*** Opening AVAILABLE DATA ***

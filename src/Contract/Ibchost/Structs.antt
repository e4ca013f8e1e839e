-- ===== src/Contract/Ibchost/Structs.antt =====
-- pkg/contract/ibchost/ibchost.go: the structs of the contract, with go-ethereum's conversion of each one it passes.
use yui_ibc_solidity.Prelude.{ℕ, Bytes, List}
use yui_ibc_solidity.Contract.Bound.{Boxed}

pub record ChannelCounterpartyData : Type 0 where
  pub port_id : Bytes
  pub channel_id : Bytes

pub record ChannelData : Type 0 where
  pub state : ℕ
  pub ordering : ℕ
  pub counterparty : ChannelCounterpartyData
  pub connection_hops : List Bytes
  pub version : Bytes

pub record HeightData : Type 0 where
  pub revision_number : ℕ
  pub revision_height : ℕ

pub record MerklePrefixData : Type 0 where
  pub key_prefix : Bytes

pub record CounterpartyData : Type 0 where
  pub client_id : Bytes
  pub connection_id : Bytes
  pub prefix : MerklePrefixData

pub record PacketData : Type 0 where
  pub sequence : ℕ
  pub source_port : Bytes
  pub source_channel : Bytes
  pub destination_port : Bytes
  pub destination_channel : Bytes
  pub payload : Bytes
  pub timeout_height : HeightData
  pub timeout_timestamp : ℕ

pub record VersionData : Type 0 where
  pub identifier : Bytes
  pub features : List Bytes

pub record ConnectionEndData : Type 0 where
  pub client_id : Bytes
  pub versions : List VersionData
  pub state : ℕ
  pub counterparty : CounterpartyData
  pub delay_period : ℕ

pub record Structs (Value : Type 0) : Type 0 where
  pub packet_data : Boxed Value PacketData
  pub channel_data : Boxed Value ChannelData
  pub connection_end_data : Boxed Value ConnectionEndData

*** Closing AVAILABLE DATA ***

[ABOUT THIS EXERCISE] From the line that contains "pub timeout_height : HeightData" through the last line of the records above, copy every line exactly and leave out the rest.

[RESULT FOR THIS EXERCISE]
  pub timeout_height : HeightData
  pub timeout_timestamp : ℕ

pub record VersionData : Type 0 where
  pub identifier : Bytes
  pub features : List Bytes

pub record ConnectionEndData : Type 0 where
  pub client_id : Bytes
  pub versions : List VersionData
  pub state : ℕ
  pub counterparty : CounterpartyData
  pub delay_period : ℕ

pub record Structs (Value : Type 0) : Type 0 where
  pub packet_data : Boxed Value PacketData
  pub channel_data : Boxed Value ChannelData
  pub connection_end_data : Boxed Value ConnectionEndData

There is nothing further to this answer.